Recently at work, I found the need to remove duplicate lines from a file and sort the result. I've must have rewritten this hundreds of times and in a variety of programming languages: java,c#,perl,ruby,vb.
I know that you can do this easily if you have unix shell and the unix tools. Then this can be done with a simplesort dups.txt | uniqHowever, I want to code and my latest fancy is with functional programming language. So my latest iteration of the code is done in Haskell. Haskell took me a while to grok. It really warped my way of thinking about how to program. Reminds me of the first time that I had to develop proofs in math in high school.
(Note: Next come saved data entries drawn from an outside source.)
-- ===== src/Regs/Status/Mask.antt =====
-- The write mask of `set_mstatus`, and the bits of `mstatus` after a write.
use space_emu.Base.{ℕ, ◌^◌, ◌<◌, ◌≡◌, refl, arith, bit_and, Bool, false, ◌&&◌}
use space_emu.Base.{leb, if◌then◌else◌, ap, ◌∙◌}
use space_emu.Base.Word.{◌>>>◌}
use space_emu.Base.{true, not, ◌%◌, ◌/◌, ◌==◌, Bool-cases, inl, inr}
use space_emu.Base.Bits.{has_bit, bit_and_mask, has_bit-shr}
use space_emu.Cpu.{CpuState}
use space_emu.Regs.Status.{set_mstatus, mstatus_write_mask}
use space_emu.Regs.Csr.Write.{merge}
use space_emu.Regs.Csr.Merge.{has_bit-merge}

-- The value names a width of 32 or 64 bits in its UXL field.
abbrev pub allows_widths : ℕ → Bool
allows_widths value = leb 1 (bit_and (value >>> 32) 3) && leb (bit_and (value >>> 32) 3) 2

-- The mask takes two values only: without and with the two width fields.
pub mstatus_write_mask_cases :
    (value : ℕ) → mstatus_write_mask value ≡ (if allows_widths value then 0xf000e19bb else 0xe19bb)
unfolding mstatus_write_mask
mstatus_write_mask_cases value = ground arith

pub mstatus-set_mstatus :
    (s : CpuState) (value : ℕ)
    → (set_mstatus s value).mstatus ≡ merge s.mstatus (mstatus_write_mask value) value
unfolding set_mstatus merge
mstatus-set_mstatus s value = refl

-- A bit of `mstatus` comes from the value under the mask, and is kept elsewhere.
pub has_bit-set_mstatus :
    (s : CpuState) (value i : ℕ)
    → s.mstatus < 2 ^ 64
    → has_bit (set_mstatus s value).mstatus i
      ≡ (if has_bit (mstatus_write_mask value) i then has_bit value i else has_bit s.mstatus i)
has_bit-set_mstatus s value i h =
    ap (λ x. has_bit x i) (mstatus-set_mstatus s value)
    ∙ has_bit-merge s.mstatus (mstatus_write_mask value) value i h

-- No write reaches the place of FS.
pub mstatus_write_mask-fs :
    (value : ℕ)
    → (has_bit (mstatus_write_mask value) 13 ≡ false)
      × (has_bit (mstatus_write_mask value) 14 ≡ false)
unfolding has_bit
mstatus_write_mask-fs value = ground (arith, mstatus_write_mask_cases value)

-- The width field is written exactly when the value names a known width.
mstatus_write_mask-uxl :
    (value : ℕ)
    → (has_bit (mstatus_write_mask value) 32 ≡ allows_widths value)
      × (has_bit (mstatus_write_mask value) 33 ≡ allows_widths value)
unfolding has_bit
mstatus_write_mask-uxl value = ground (arith, mstatus_write_mask_cases value)

two_digits : (a : ℕ) → (has_bit a 0 ≡ (a % 2 == 1)) × (has_bit a 1 ≡ (a / 2 % 2 == 1))
unfolding has_bit
two_digits a = (ground arith, ground arith)

allows_widths-uxl :
    (value : ℕ) → allows_widths value ≡ true → has_bit value 32 ≡ not (has_bit value 33)
allows_widths-uxl value h = ground (
  arith,
  h,
  bit_and_mask 2 (value >>> 32),
  two_digits (value >>> 32),
  has_bit-shr 32 value 0,
  has_bit-shr 32 value 1,
)

-- A known width in UXL stays a known one.
pub set_mstatus-uxl :
    (s : CpuState) (value : ℕ)
    → s.mstatus < 2 ^ 64
    → has_bit s.mstatus 32 ≡ not (has_bit s.mstatus 33)
    → has_bit (set_mstatus s value).mstatus 32 ≡ not (has_bit (set_mstatus s value).mstatus 33)
set_mstatus-uxl s value lt h =
    let mask = mstatus_write_mask-uxl value in
    let low = has_bit-set_mstatus s value 32 lt in
    let high = has_bit-set_mstatus s value 33 lt in
    elim (Bool-cases (allows_widths value)) [
      | inl e ↦ ground (arith, e, mask, low, high, allows_widths-uxl value e)
      | inr e ↦ ground (arith, e, mask, low, high, h)
    ]

pub mstatus_write_mask-lt : (value : ℕ) → mstatus_write_mask value < 2 ^ 64
mstatus_write_mask-lt value = ground (arith, mstatus_write_mask_cases value)
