-- ===== src/Regs/Valid/Fields.antt =====
-- The fields of the invariant, one for each kind of write.
use space_emu.Base.{ℕ, ◌^◌, ◌<◌, ◌≡◌, arith, bit_and, bit_or}
use space_emu.Base.{◌+◌, ◌-◌, ◌≤◌}
use space_emu.Base.Word.{◌>>>◌, ◌<<<◌}
use space_emu.Base.Bits.{has_bit-bit_and, has_bit-bit_or, has_bit_above, bit_and_mask}
use space_emu.Base.Bits.{IsWithin, has_bit-shr, has_bit-shl, eq_of_bits}
use space_emu.Cpu.{CpuState}
use space_emu.Regs.Status.{set_mstatus, mstatus_write_mask}
use space_emu.Regs.Status.Mask.{mstatus-set_mstatus, has_bit-set_mstatus, mstatus_write_mask-fs}
use space_emu.Regs.Status.Mask.{mstatus_write_mask-lt, set_mstatus-uxl}
use space_emu.Regs.Csr.Write.{mie_mask, mideleg_mask, satp_value, set_frm}
use space_emu.Regs.Csr.Merge.{merge-lt}
use space_emu.Regs.Valid.{IsValid, IsSatpMode}

-- The high digits of `satp` are the mode.
satp_mode_shift : (low mode : ℕ) → bit_or (bit_and low (2 ^ 44 - 1)) (mode <<< 60) >>> 60 ≡ mode
satp_mode_shift low mode = eq_of_bits _ _ λ i. ground (
  arith,
  has_bit-shr 60 (bit_or (bit_and low (2 ^ 44 - 1)) (mode <<< 60)) i,
  has_bit-bit_or (bit_and low (2 ^ 44 - 1)) (mode <<< 60) (i + 60),
  has_bit-bit_and low (2 ^ 44 - 1) (i + 60),
  has_bit_above 44 (2 ^ 44 - 1) (i + 60) (omega arith) (omega arith),
  has_bit-shl 60 mode (i + 60),
)

-- Only the three known modes are stored.
pub satp_value-IsSatpMode :
    (old val : ℕ) → IsSatpMode (old >>> 60) → IsSatpMode (satp_value old val >>> 60)
unfolding satp_value
satp_value-IsSatpMode old val h =
    ground (arith, satp_mode_shift val (bit_and (val >>> 60) 0xf), satp_mode_shift val (old >>> 60))

pub mstatus-set_mstatus-lt :
    (s : CpuState) (value : ℕ) → IsValid s → (set_mstatus s value).mstatus < 2 ^ 64
mstatus-set_mstatus-lt s value v =
    let e = merge-lt 64 s.mstatus (mstatus_write_mask value) value v.mstatus_lt v.mstatus_lt in
    ground (arith, mstatus-set_mstatus s value, e (mstatus_write_mask-lt value))

pub set_mstatus-IsValid : (s : CpuState) (value : ℕ) → IsValid s → IsValid (set_mstatus s value)
set_mstatus-IsValid s value v = record {
  mstatus_lt = mstatus-set_mstatus-lt s value v;
  fs_low = ground (arith, has_bit-set_mstatus s value 13 v.mstatus_lt, mstatus_write_mask-fs value);
  fs_high =
      ground (arith, has_bit-set_mstatus s value 14 v.mstatus_lt, mstatus_write_mask-fs value);
  uxl_known = set_mstatus-uxl s value v.mstatus_lt v.uxl_known;
  fs_lt = unfold set_mstatus in omega (arith, bit_and_mask 2 (value >>> 13));
  frm_lt = unfold set_mstatus in v.frm_lt;
  fflags_lt = unfold set_mstatus in v.fflags_lt;
  priv_lt = unfold set_mstatus in v.priv_lt;
  medeleg_lt = unfold set_mstatus in v.medeleg_lt;
  mideleg_lt = unfold set_mstatus in v.mideleg_lt;
  mideleg_within = unfold set_mstatus in v.mideleg_within;
  mie_lt = unfold set_mstatus in v.mie_lt;
  mie_within = unfold set_mstatus in v.mie_within;
  mip_lt = unfold set_mstatus in v.mip_lt;
  mxl_known = unfold set_mstatus in v.mxl_known;
  satp_mode = unfold set_mstatus in v.satp_mode;
}

-- The three fields of the float unit.
pub float-IsValid :
    (s : CpuState) (fflags frm fs : ℕ)
    → fflags < 32
    → frm < 5
    → fs < 4
    → IsValid s
    → IsValid (record s { fflags = fflags; frm = frm; fs = fs })
float-IsValid s fflags frm fs a b c v = record {
  mstatus_lt = v.mstatus_lt;
  fs_low = v.fs_low;
  fs_high = v.fs_high;
  uxl_known = v.uxl_known;
  fs_lt = c;
  frm_lt = b;
  fflags_lt = a;
  priv_lt = v.priv_lt;
  medeleg_lt = v.medeleg_lt;
  mideleg_lt = v.mideleg_lt;
  mideleg_within = v.mideleg_within;
  mie_lt = v.mie_lt;
  mie_within = v.mie_within;
  mip_lt = v.mip_lt;
  mxl_known = v.mxl_known;
  satp_mode = v.satp_mode;
}

-- Another width of the machine, if it is a known one.
pub width-IsValid :
    {s : CpuState} {xlen mxl : ℕ}
    → IsValid s
    → (1 ≤ mxl) × (mxl ≤ 2)
    → IsValid (record s { xlen = xlen; mxl = mxl })
width-IsValid v h = record {
  mstatus_lt = v.mstatus_lt;
  fs_low = v.fs_low;
  fs_high = v.fs_high;
  uxl_known = v.uxl_known;
  fs_lt = v.fs_lt;
  frm_lt = v.frm_lt;
  fflags_lt = v.fflags_lt;
  priv_lt = v.priv_lt;
  medeleg_lt = v.medeleg_lt;
  mideleg_lt = v.mideleg_lt;
  mideleg_within = v.mideleg_within;
  mie_lt = v.mie_lt;
  mie_within = v.mie_within;
  mip_lt = v.mip_lt;
  mxl_known = h;
  satp_mode = v.satp_mode;
}

pub set_frm-lt : (s : CpuState) (val : ℕ) → (set_frm s val).frm < 5
unfolding set_frm
set_frm-lt s val = ground arith

-- The words that the invariant does not speak of.
pub words-IsValid :
    {s : CpuState} {mtvec mcounteren mscratch mepc mcause mtval : ℕ}
    {stvec scounteren sscratch sepc scause stval pc : ℕ}
    → IsValid s
    → IsValid (record s {
      mtvec = mtvec;
      mcounteren = mcounteren;
      mscratch = mscratch;
      mepc = mepc;
      mcause = mcause;
      mtval = mtval;
      stvec = stvec;
      scounteren = scounteren;
      sscratch = sscratch;
      sepc = sepc;
      scause = scause;
      stval = stval;
      pc = pc;
    })
words-IsValid v = record {
  mstatus_lt = v.mstatus_lt;
  fs_low = v.fs_low;
  fs_high = v.fs_high;
  uxl_known = v.uxl_known;
  fs_lt = v.fs_lt;
  frm_lt = v.frm_lt;
  fflags_lt = v.fflags_lt;
  priv_lt = v.priv_lt;
  medeleg_lt = v.medeleg_lt;
  mideleg_lt = v.mideleg_lt;
  mideleg_within = v.mideleg_within;
  mie_lt = v.mie_lt;
  mie_within = v.mie_within;
  mip_lt = v.mip_lt;
  mxl_known = v.mxl_known;
  satp_mode = v.satp_mode;
}

-- The interrupt words and `satp`, within their bounds.
pub interrupts-IsValid :
    {s : CpuState} {medeleg mideleg mie mip satp : ℕ}
    → IsValid s
    → medeleg < 2 ^ 16
    → (mideleg < 2 ^ 32) × IsWithin mideleg mideleg_mask
    → (mie < 2 ^ 32) × IsWithin mie mie_mask
    → mip < 2 ^ 32
    → IsSatpMode (satp >>> 60)
    → IsValid (record s { medeleg = medeleg; mideleg = mideleg; mie = mie; mip = mip; satp = satp })
interrupts-IsValid v a b c d e = record {
  mstatus_lt = v.mstatus_lt;
  fs_low = v.fs_low;
  fs_high = v.fs_high;
  uxl_known = v.uxl_known;
  fs_lt = v.fs_lt;
  frm_lt = v.frm_lt;
  fflags_lt = v.fflags_lt;
  priv_lt = v.priv_lt;
  medeleg_lt = a;
  mideleg_lt = b.0;
  mideleg_within = b.1;
  mie_lt = c.0;
  mie_within = c.1;
  mip_lt = d;
  mxl_known = v.mxl_known;
  satp_mode = e;
}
I'm slowly getting the hang of programming simple stuffs in Haskell.
Code written in Haskell
import List main = readFile "dups.txt" >>= (\fileContents -> putStr (unlines (sort (nub (lines fileContents)))))lines
- breaks the file content into lines
- nub
- removes the duplicate
- unlines
- combines the lines into one giant string
Here's how I would have implemented it in other languages:
Code written in Perl
open(FIN,"< dups.txt");
@lines=<FIN>;
close(FIN);
chomp (@lines);
my %uniques;
foreach $line (@lines)
{
$uniques{$line}++;
}
foreach $key (sort keys %uniques) {
print $key,"\n";
}
Code written in Ruby
File.open("dups.txt") { |file|
lines = file.readlines
lines.uniq!
lines.sort.each { |line|
puts line
}
}
Code written in F#
Okay, for self enlightment, I tried to implement this in F#,which is mostly OCaml with interop to the .Net Framework. Maybe it's me but OCaml's mixed imperative and functional style confuses me or maybe I just don't have a really good grasp of OCaml syntax. In any case, it took me a while to figure out how to do this in OCaml.
#light
open System.IO;;
let main() =
let lines = File.ReadAllLines("dups.txt")
let s = List.fold_right Set.add (Array.to_list lines) Set.empty
Set.iter print_endline s
do main()
Modified on 11/23/2007...after working in F# for a while, I can rewrite the above F# code as
#light
open System.IO;;
File.ReadAllLines("dups.txt")
|> Set.of_array
|> Set.iter print_endline
As a developer, I love the code density of Haskell. It's also readable so you are not sacrificing code readability for code density.